整條路上空無一人,這雖然是一條隱蔽在暗門內的路, 但卻建造得如一條華麗的康莊大道,但是——合金製造的牆壁內不知有什麼東西在嗡嗡轟響, 更交雜著野獸的怒吼, 碰撞聲與打鬥聲不絕於耳, 讓人難以猜測到這牆壁後面是怎樣一副景象。
溫楠仿佛是個例外,被同一隻未知生物召喚過來, 他可以獨享一條路並且不會受到其餘的干擾來打斷他的行進。
那隻召喚生物隱隱對溫楠透出了友好相交的意思, 溫楠沒有回應。
前一秒以著要將溫楠腦仁廢掉的架勢強迫他一個人來到這裡, 後一秒仿佛什麼都沒發生一樣向他拋出友誼的橄欖枝——泥人尚有三分火氣, 這玩意莫不是將他當成水糊的了?

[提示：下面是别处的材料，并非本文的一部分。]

-- ===== src/Consumer/Machine/Body.antt =====
-- The body of the transaction of a message, against the abstract machine.
use observability_lab.Prelude.{ℕ, String, arith, Option, none, some, Bool, false, ◌≡◌, refl, []}
use observability_lab.Server.{Server}
use observability_lab.Result.{ok}
use observability_lab.Payload.{subscript, as_dict, get_default, EventData, Event}
use observability_lab.Session.{Tx, lift, ◌>>=◌}
use observability_lab.Session.Rules.{
  Pred, Ensures, Ensures-after, Ensures-bind, Ensures-execute, Ensures-if, Ensures-known,
  Ensures-pure, Ensures-read, Ensures-given, Ensures-weaken, Maintains, Maintains-pure,
  Maintains-execute, maintains_rules,
}
use observability_lab.DbOps.Orders.{insert_order, record_status_history, update_order_status}
use observability_lab.Consumer.Process.{
  is_text, order_created, after_update, order_status_changed, dispatch, process_event, txn_body,
}
use observability_lab.Consumer.Invariant.Walk.{
  upsert_client-Maintains, upsert_current_address-Maintains, order_date-Maintains,
  insert_order_items-Maintains, fetch_order_snapshot-Maintains, payment_confirmed-Maintains,
  invoice_issued-Maintains, RespectsBilling,
}
use observability_lab.Consumer.Invariant.Body.{claim_event-Ensures, mark-Ensures}
use observability_lab.Consumer.History.Frame.{books_parties, books_items, books_billing}
use observability_lab.Consumer.Machine.{
  Statuses, Command, skip, creation, changing, command_of, command, mark, statuses_in, seen_in,
  Performs,
}
use observability_lab.Consumer.Machine.Statements.{
  Shows, Performed, claim-shows, mark-performs, history-performs, order-performs, status-performs,
}

module _ ⦃s : Server⦄ (a : Statuses) (n : String → Bool) where
  insert_order-performs :
      (c d : ℕ) (e : EventData)
      → Ensures
          (Shows a n)
          (insert_order c d e)
          (λ _. Performed (creation (subscript e.external_order_id)) a n)
  unfolding insert_order
  insert_order-performs c d e = Ensures-read (Shows a n) _ _ _ λ x named.
      Ensures-after (Shows a n) _ _ _ (search maintains_rules) λ t.
        Ensures-after (Shows a n) _ _ _ (order_date-Maintains (Shows a n) e.order_date) λ date.
          rw named (
            Ensures-execute (Shows a n) _ _
              (order-performs a n x c d t (get_default e.currency "BRL") date))

  record-performs :
      (c : Command) (o : ℕ) (v t e : Option String)
      → Maintains (Performed c a n) (record_status_history o v t e)
  unfolding record_status_history
  record-performs c o v t e = Maintains-execute _ (history-performs c a n o v t e)

  order_created-performs :
      (i : Option String) (e : EventData)
      → Ensures
          (Shows a n)
          (order_created i (some e))
          (λ _. Performed (creation (subscript e.external_order_id)) a n)
  unfolding order_created
  order_created-performs i e =
      let P : Pred = Shows a n in
      let Q : Pred = Performed (creation (subscript e.external_order_id)) a n in
      Ensures-known P (as_dict (some e)) e _ (λ _. Q) refl
        (Ensures-after P _ _ _ (search maintains_rules) λ client.
          Ensures-after P _ _ _ (search maintains_rules) λ client_data.
            Ensures-after P _ _ _
              (upsert_client-Maintains P
                (books_parties (λ os _ es. (statuses_in os ≡ a) × (seen_in es ≡ n))) client_data)
              λ client_id. Ensures-after P _ _ _ (search maintains_rules) λ address.
                Ensures-after P _ _ _ (search maintains_rules) λ address_data.
                  Ensures-after P _ _ _
                    (upsert_current_address-Maintains P
                      (books_parties (λ os _ es. (statuses_in os ≡ a) × (seen_in es ≡ n))) client_id
                      address_data)
                    λ address_id.
                      Ensures-bind P _ _ _ _ (insert_order-performs client_id address_id e) λ o.
                        Ensures-after Q _ _ _
                          (insert_order_items-Maintains Q
                            (books_items (λ os _ es.
                              Performs (creation (subscript e.external_order_id)) a (statuses_in os)
                              × (seen_in es ≡ n)))
                            o (get_default e.items []))
                          λ _.
                            Ensures-after Q _ _ _ (record-performs _ o none (some "PENDING") i)
                              λ _. Maintains-pure none)

  after_update-performs :
      (c : Command) (i t : Option String) (r : Option (ℕ × String))
      → Maintains (Performed c a n) (after_update i t r)
  unfolding after_update
  after_update-performs c i t none = Maintains-pure none
  after_update-performs c i t (some (o, v)) =
      search (maintains_rules, record-performs, fetch_order_snapshot-Maintains) depth 8

  order_status_changed-performs :
      (i : Option String) (e : EventData)
      → Ensures
          (Shows a n)
          (order_status_changed i (some e))
          (λ _. Performed (changing (subscript e.external_order_id) (subscript e.new_status)) a n)
  unfolding order_status_changed update_order_status
  order_status_changed-performs i e = Ensures-known (Shows a n) (as_dict (some e)) e _ _ refl (
      Ensures-read (Shows a n) _ _ _ λ x named. Ensures-read (Shows a n) _ _ _ λ t says.
        rw (named, says)
          (Ensures-bind (Shows a n) _ _ _ _
            (Ensures-execute (Shows a n) _ _ (status-performs a n x t))
            (after_update-performs (changing (ok x) (ok t)) i t)))

  -- A handler that does not write `orders`.
  skips :
      {A : Type 0} (m : Tx A)
      → Maintains (Shows a n) m
      → Ensures (Shows a n) m (λ _. Performed skip a n)
  skips m h =
      Ensures-weaken (Shows a n) (Shows a n) m (λ _. Shows a n) (λ _. Performed skip a n)
        (λ db k. k) (λ _ db k. k) h

  bills : RespectsBilling (Shows a n)
  bills = books_billing (λ os _ es. (statuses_in os ≡ a) × (seen_in es ≡ n))

  dispatch-skips :
      (i t : Option String) → Ensures (Shows a n) (dispatch i t none) (λ _. Performed skip a n)
  unfolding dispatch order_created order_status_changed
  dispatch-skips i t =
      Ensures-if (Shows a n) (is_text t "ORDER_CREATED") _ _ _ (λ _. nothing _)
        λ _.
          Ensures-if (Shows a n) (is_text t "ORDER_STATUS_CHANGED") _ _ _ (λ _. nothing _)
            λ _.
              Ensures-if (Shows a n) (is_text t "PAYMENT_CONFIRMED") _ _ _
                (λ _. skips _ (payment_confirmed-Maintains (Shows a n) bills none))
                λ _.
                  Ensures-if (Shows a n) (is_text t "INVOICE_ISSUED") _ _ _
                    (λ _. skips _ (invoice_issued-Maintains (Shows a n) bills none))
                    λ _. skips _ (Maintains-pure none)
    where
      nothing :
          {A B : Type 0} (f : A → Tx B)
          → Ensures (Shows a n) (lift (as_dict none) >>= f) (λ _. Performed skip a n)
      nothing f = Ensures-read (Shows a n) (as_dict none) f _ λ e h. absurd (ground arith)

  dispatch-performs :
      (i t : Option String) (d : Option EventData)
      → Ensures (Shows a n) (dispatch i t d) (λ _. Performed (command_of t d) a n)
  unfolding dispatch
  dispatch-performs i t none = dispatch-skips i t
  dispatch-performs i t (some e) =
      Ensures-if (Shows a n) (is_text t "ORDER_CREATED") _ _ _
        (λ h. rw h (order_created-performs i e))
        λ h.
          Ensures-if (Shows a n) (is_text t "ORDER_STATUS_CHANGED") _ _ _
            (λ k. rw (h, k) (order_status_changed-performs i e))
            λ k.
              rw (h, k)
                (Ensures-if (Shows a n) (is_text t "PAYMENT_CONFIRMED") _ _ _
                  (λ _. skips _ (payment_confirmed-Maintains (Shows a n) bills (some e)))
                  λ _.
                    Ensures-if (Shows a n) (is_text t "INVOICE_ISSUED") _ _ _
                      (λ _. skips _ (invoice_issued-Maintains (Shows a n) bills (some e)))
                      λ _. skips _ (Maintains-pure none))

-- The event was not processed, and its command is performed.
abbrev pub Processed : ⦃s : Server⦄ → Statuses → (String → Bool) → Event → String → Pred
Processed a n e i db = (n i ≡ false) × Performed (command e) a (mark i n) db

module _ ⦃s : Server⦄ (a : Statuses) (n : String → Bool) (e : Event) (i : String)
    (named : subscript e.event_id ≡ ok (some i)) where
  abbrev Done : Pred
  Done = Processed a n e i

  process_event-Processed : Ensures (Shows a n) (process_event e) (λ _. Done)
  unfolding process_event
  process_event-Processed =
      Ensures-known (Shows a n) (subscript e.event_id) (some i) _ (λ _. Done) named
        (Ensures-read (Shows a n) _ _ _ λ t typed. Ensures-read (Shows a n) _ _ _ λ d says.
          Ensures-bind (Shows a n) _ _ _ _
            (claim_event-Ensures (Shows a n) _ (some i) t (claim-shows a n i t))
            λ _. Ensures-given (n i ≡ false) (Shows a (mark i n)) _ _ λ fresh.
              Ensures-weaken (Shows a (mark i n)) (Shows a (mark i n)) _ _ _ (λ db k. k)
                (λ _ db k. (fresh, (rw (typed, says) k.0, k.1)))
                (dispatch-performs a (mark i n) (some i) t d))

  pub body-Processed : Ensures (Shows a n) (txn_body e (some i)) (λ _. Done)
  unfolding txn_body
  body-Processed = Ensures-bind (Shows a n) _ _ _ _ process_event-Processed λ outbox.
      Ensures-bind Done _ _ _ _
        (mark-Ensures Done (λ _. Done) (some i)
          (mark-performs (n i ≡ false) (command e) a (mark i n) (some i)))
        λ _. Ensures-pure Done outbox (λ _. Done) λ db h. h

那東西雖然感覺到了溫楠的抗拒, 但也不知道是不是因為溫楠已經踏進了這裡,沒有中途逃脫的路, 它並沒有因為溫楠的不敬而生氣, 十分好耐心地等著溫楠以一種緩慢的姿態歸宿前行。
等到三四十分鐘後,那東西好像突然意識到溫楠在拖時間,惱恨地加大了精神脅迫的力道,溫楠才稍微提快了一點速度。不過並沒有多快, 想要使喚他, 至少要擺出點誠意來。
那東西還不具有成年人的思維, 完全都憑藉著自己的心情做事, 見溫楠速度不快, 就催使精神力再一次與其進行碰撞。
不過這一次不怎麼頂用了。它的精神力雖然高於溫楠,但要同時使喚和操控其他的野獸。越深入,溫楠能聽見的猛獸咆哮就越響亮,在那嘈雜的聲響中,他甚至聽到了人聲。
同樣,在他和那玩意的精神力打得不亦樂乎的時候,牆後除了踐踏土地的聲音,與之一起加重的還有猛獸撕咬的聲音。
那玩意的精神力猛地一滯,被溫楠逮到了空子。
所有精神力匯成一股凝實的衝擊力,氣勢洶洶地寄予那玩意沉痛一擊!
精神力確實地攻擊到了某樣東西,一聲壓得極沉的嗚嗚囔囔的吼叫從洞穴深處傳了出來,本來死死壓制著他的精神力更是在這一擊下被擊得退去了很遠。之後那玩意像是後繼乏力,沒有再衝上來撩撥溫楠的神經。但它同樣對溫楠的不識抬舉頗為憤恨。
滿路光輝一時間黯淡下去,整個隧道瞬間變得昏暗無比,如果不是溫楠能用精神力感應大致的方向,這裡也沒有分岔路,估計要兩眼一捉瞎摔上幾個跟頭。
那玩意沒有再理溫楠,大有把他放在這裡自生自滅的感覺。溫楠在黑暗中拿拇指抹了一下自己的唇角,意味深長的眼神轉瞬即逝。
走了再二十多分鐘,大概是那東西安撫好了其他『人』,終於有精力和溫楠變著個花樣玩。
溫楠於黑暗中看到一個瘦小的身影在地上艱難地攀爬前行,眼睛不禁閃爍了一下。
待看到那身影的全貌時,溫楠頓時呵笑一聲,不管那小小人影迎面對上他,露出來慘兮兮的表情如何惹人憐愛,徑直走了過去。